多態時最好將基類的解構函式設為virtual,這樣在析構時會先調用子類的解構函式,再調用基類的解構函式,否則如果delete的是基類的指標,則只調用基類的解構函式.樣本如下:
#include <iostream.h>
class Base
{
public:
Base() { mPtr = new int; }
virtual ~Base() { delete mPtr; cout<<"~Base::Base()"<<endl;}
private:
int* mPtr;
} ;
class Derived : public Base
{
public:
Derived() { mDerived = new long; }
~Derived() { delete mDerived; cout<<"~Derived::Derived()"<<endl;}
private:
long* mDerived;
} ;
void main()
{
Base* p = new Derived;
delete p;
}
結果:
先調用子類的解構函式:釋放mDerived,輸出"~Derived::Derived()";
再調用父類的解構函式:釋放mPtr,輸出"~Base::Base()"。
------------
#include <iostream.h>
class Base
{
public:
Base() { mPtr = new int; }
~Base() { delete mPtr; cout<<"~Base::Base()"<<endl;}
private:
int* mPtr;
} ;
class Derived : public Base
{
public:
Derived() { mDerived = new long; }
~Derived() { delete mDerived; cout<<"~Derived::Derived()"<<endl;}
private:
long* mDerived;
} ;
void main()
{
Base* p = new Derived;
delete p;
}
結果:只調用了父類的解構函式:釋放mPtr,輸出"~Base::Base()"。
以上代碼會產生記憶體泄露,因為new出來的是Derived類資源,採用一個基類的指標來接收,析構的時候,編譯器因為只是知道這個指標是基類的,所以只將基類部分的記憶體析構了,而不會析構子類的,就造成了記憶體泄露,如果將基類的解構函式改成虛函數,就可以避免這種情況,因為虛函數是後綁定,其實就是在虛函數列表中,解構函式將基類的解構函式用實際對象的一組解構函式替換掉了,也就是先執行子類的虛函數再執行父類的虛函數,這樣子類的記憶體析構了,父類的記憶體也釋放了,就不會產生記憶體泄露。

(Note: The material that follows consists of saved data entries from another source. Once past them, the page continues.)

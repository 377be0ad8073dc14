-- ===== src/Handle/Tests.antt =====
-- Runs of the handle table, and the theorems at concrete tables.
use Prim.Native.Nat.{Ordering}
use jump.Base.{
  ℕ, zero, suc, ◌%◌, ◌<◌, ◌≤◌, ◌≡◌, ◌≢◌, ◌⊎◌, inr, refl, [], ◌∷◌, none, some, arith, length, get_or,
}
use jump.Handle.{Storage, slot_at, find_free, register, occupy, expand, rehash, grab, retire}
use jump.Handle.Table.{IsValid, Absent}
use jump.Handle.Growth.{expand_lem}
use jump.Handle.Register.{Registers, register_lem, retire_lem}
use jump.Handle.Names.{
  Name, Names, no_entry, strcmp, findname, search_name, search_loop, namehandle, drop_names, taken,
  named,
}
use jump.Handle.Names.Order.{All, Sorted}
use jump.Handle.Names.Search.{lookup, findname_lem}
use jump.Handle.Names.Insert.{namehandle_lem, drop_names_lem}

-- A context's handle is its pointer's number here.
abbrev same : ℕ → ℕ
same c = c

-- Four contexts fill the first table, and the fifth makes it grow.
abbrev full : Storage
full = record {
  harbor = 0;
  handle_index = 5;
  slot_size = 4;
  slot = some 4 ∷ some 1 ∷ some 2 ∷ some 3 ∷ [];
}

full-home : (i c : ℕ) → slot_at full.slot i ≡ some c → same c % 4 ≡ i
full-home zero c e = ground arith
full-home (suc zero) c e = ground arith
full-home (suc (suc zero)) c e = ground arith
full-home (suc (suc (suc zero))) c e = ground arith
full-home (suc (suc (suc (suc i)))) c e = cc

full-IsValid : IsValid same full
full-IsValid = record {
  size = (2, refl, omega arith);
  len = refl;
  home = full-home;
  harbor = (0, refl);
}

full-taken : (j : ℕ) → j < 4 → slot_at full.slot j ≢ none
full-taken zero l = cc
full-taken (suc zero) l = cc
full-taken (suc (suc zero)) l = cc
full-taken (suc (suc (suc zero))) l = cc
full-taken (suc (suc (suc (suc j)))) l = absurd (omega arith)

full-Absent : Absent full 9
full-Absent zero = ground arith
full-Absent (suc zero) = ground arith
full-Absent (suc (suc zero)) = ground arith
full-Absent (suc (suc (suc zero))) = ground arith
full-Absent (suc (suc (suc (suc i)))) = ground arith

grows :
    register same full 9
    ≡ some (
      5,
      record full {
        handle_index = 6;
        slot_size = 8;
        slot = none ∷ some 1 ∷ some 2 ∷ some 3 ∷ some 4 ∷ some 9 ∷ none ∷ none ∷ [];
      },
    )
unfolding register find_free expand rehash occupy
grows = refl

register_lem_example :
    (h : ℕ) × (t : Storage) × (register same full 9 ≡ some (h, t)) × Registers same full 9 h t
register_lem_example = register_lem 9 full-IsValid full-Absent (inr (omega arith))

retire_lem_example :
    let (released, t) = retire same full 3 in
    (released ≡ grab same full 3)
    × IsValid same t
    × (grab same t 3 ≡ none)
    × ((g : ℕ) → g ≢ 3 → grab same t g ≡ grab same full g)
retire_lem_example = retire_lem 3 full-IsValid

expand_lem_example :
    (t : Storage) × (expand same full ≡ some t)
    × IsValid same t
    × ((h : ℕ) → grab same t h ≡ grab same full h)
    × (t.harbor ≡ full.harbor)
    × (find_free t t.slot_size 0 ≢ none)
    × ((c : ℕ) → Absent full c → Absent t c)
expand_lem_example = expand_lem full-IsValid full-taken (omega arith)

-- "a" and "c"
abbrev two : Names
two = record {
  name_cap = 2;
  entries = record { name = b'a' ∷ []; handle = 3 } ∷ record { name = b'c' ∷ []; handle = 4 } ∷ [];
}

two-Sorted : Sorted two.entries
unfolding strcmp
two-Sorted = ((refl, tt), (tt, tt))

finds_c : findname two (b'c' ∷ []) ≡ 4
unfolding findname search_name search_loop strcmp
finds_c = refl

findname_lem_example : findname two (b'c' ∷ []) ≡ lookup (b'c' ∷ []) two.entries
findname_lem_example = findname_lem two (b'c' ∷ []) two-Sorted

namehandle_lem_example :
    ((namehandle two 7 (b'b' ∷ []) ≡ some taken)
      × ((k : ℕ) × (k < length two.entries) × ((get_or two.entries k no_entry).name ≡ b'b' ∷ [])))
    ⊎ ((t : Names) × (namehandle two 7 (b'b' ∷ []) ≡ some (named t))
        × Sorted t.entries
        × (length t.entries ≤ t.name_cap)
        × ((n : Name)
            → lookup n t.entries ≡ elim (strcmp (b'b' ∷ []) n) as (λ _. ℕ) [
              | Ordering.eq ↦ 7
              | _ ↦ lookup n two.entries
            ]))
namehandle_lem_example =
    namehandle_lem two 7 (b'b' ∷ []) two-Sorted (omega arith) (omega arith) (omega arith)

drop_names_lem_example :
    Sorted (drop_names 3 two.entries)
    × ((n : Name)
        → lookup n two.entries ≢ 3
        → lookup n (drop_names 3 two.entries) ≡ lookup n two.entries)
    × All (λ e. e.handle ≢ 3) (drop_names 3 two.entries)
drop_names_lem_example = drop_names_lem 3 two.entries two-Sorted
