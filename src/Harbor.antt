-- ===== src/Harbor.antt =====
-- skynet-src/skynet_harbor.c: which handles belong to another node. What it does with the harbor
-- service is not here.
pub mod Local
mod Tests
use jump.Base.{ℕ, ◌-◌, ◌*◌, ◌%◌, ◌^◌, Bool, not, ◌&&◌, ◌==◌}

-- `skynet_harbor_init`: the variable `HARBOR`
unfoldable pub harbor_init : ℕ → ℕ
harbor_init harbor = harbor * 2 ^ 24 % 2 ^ 32

-- `skynet_harbor_message_isremote`, after its assertion; `handle & ~HANDLE_MASK` leaves the high byte.
unfoldable pub message_isremote : ℕ → ℕ → Bool
message_isremote harbor handle =
    let h = handle - handle % 2 ^ 24 in not (h == harbor) && not (h == 0)
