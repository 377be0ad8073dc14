-- ===== src/Harbor/Local.antt =====
-- The handles of this node are not remote.
use jump.Base.{
  ℕ, ◌*◌, ◌/◌, ◌%◌, ◌^◌, ◌≤◌, ◌≡◌, ◌≢◌, ◌⊎◌, ◌↔◌, sym, ◌∙◌, true, false, some, none, arith,
  Bool-cases, inl, inr,
}
use jump.Handle.{Storage, find_free, register, init}
use jump.Handle.Table.{IsValid, Absent}
use jump.Handle.Register.{register_lem}
use jump.Harbor.{harbor_init, message_isremote}

-- A handle is remote if and only if its high byte is neither 0 nor that of this node.
pub remote_iff :
    (n handle : ℕ)
    → (message_isremote (harbor_init n) handle ≡ true)
      ↔ ((handle / 2 ^ 24 ≢ n % 2 ^ 8) × (handle / 2 ^ 24 ≢ 0))
unfolding message_isremote harbor_init
remote_iff n handle = ground arith

-- Registration in a table of the node `n` that is in order, does not have the context, and has room
-- gives a handle that is not remote at that node, and is remote at every node but `n` (modulo 256),
-- unless `n` is 0 (modulo 256).
pub register_local :
    {handles : ℕ → ℕ} {s : Storage} (ctx n : ℕ)
    → IsValid handles s
    → Absent s ctx
    → (find_free s s.slot_size 0 ≢ none) ⊎ (s.slot_size * 2 ≤ 2 ^ 24)
    → s.harbor ≡ (init n).harbor
    → (h : ℕ) × (t : Storage) × (register handles s ctx ≡ some (h, t))
      × (message_isremote (harbor_init n) h ≡ false)
      × ((m : ℕ)
          → m % 2 ^ 8 ≢ n % 2 ^ 8
          → n % 2 ^ 8 ≢ 0
          → message_isremote (harbor_init m) h ≡ true)
unfolding init
register_local ctx n v gone room e =
    let (h, t, run, r) = register_lem ctx v gone room in
    let node : h / 2 ^ 24 ≡ n % 2 ^ 8 = omega (arith, r.node, e) in
    (
      h,
      t,
      run,
      elim (Bool-cases (message_isremote (harbor_init n) h)) [
        | inl q ↦ absurd (((remote_iff n h).0 q).0 node)
        | inr q ↦ q
      ],
      λ m ne nz. (remote_iff m h).1 (λ q. ne (sym q ∙ node), λ q. nz (sym node ∙ q)),
    )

上面代碼中,如~Base()不是virtual,而~Derived()為virtual,則
Base* p = new Derived; delete p;
仍然只調用~Base::Base(),因為delete p中的p是Base*類型,而Base的解構函式~Base()不是virtual。
另:delete子類指標時,會調用子類的解構函式,然後自動調用其父類的解構函式(不管~Derived::Derived()是否為virtual,~Derived::Derived()內部總會自動調用~Base::Base()),如:
Derived * pd = new Derived;
delete pd;//調用 ~Derived::Derived(),並自動析構父類(調用~Base::Base())
註:
1.解構函式其實是一個函數,不論子類還是父類,雖然可能看起來名字不一樣。而且解構函式執行過程都是執行子類再到父類。
2.多態的時候一定要將解構函式寫成虛函數,防止記憶體泄露,各個子類維護自己內部資料釋放。
virtual 是實現多態的基礎
它使得具體的函數跳轉從編譯時間延遲到運行時然而建構函式的調用是編譯器期間就決定的,因此它不能為虛.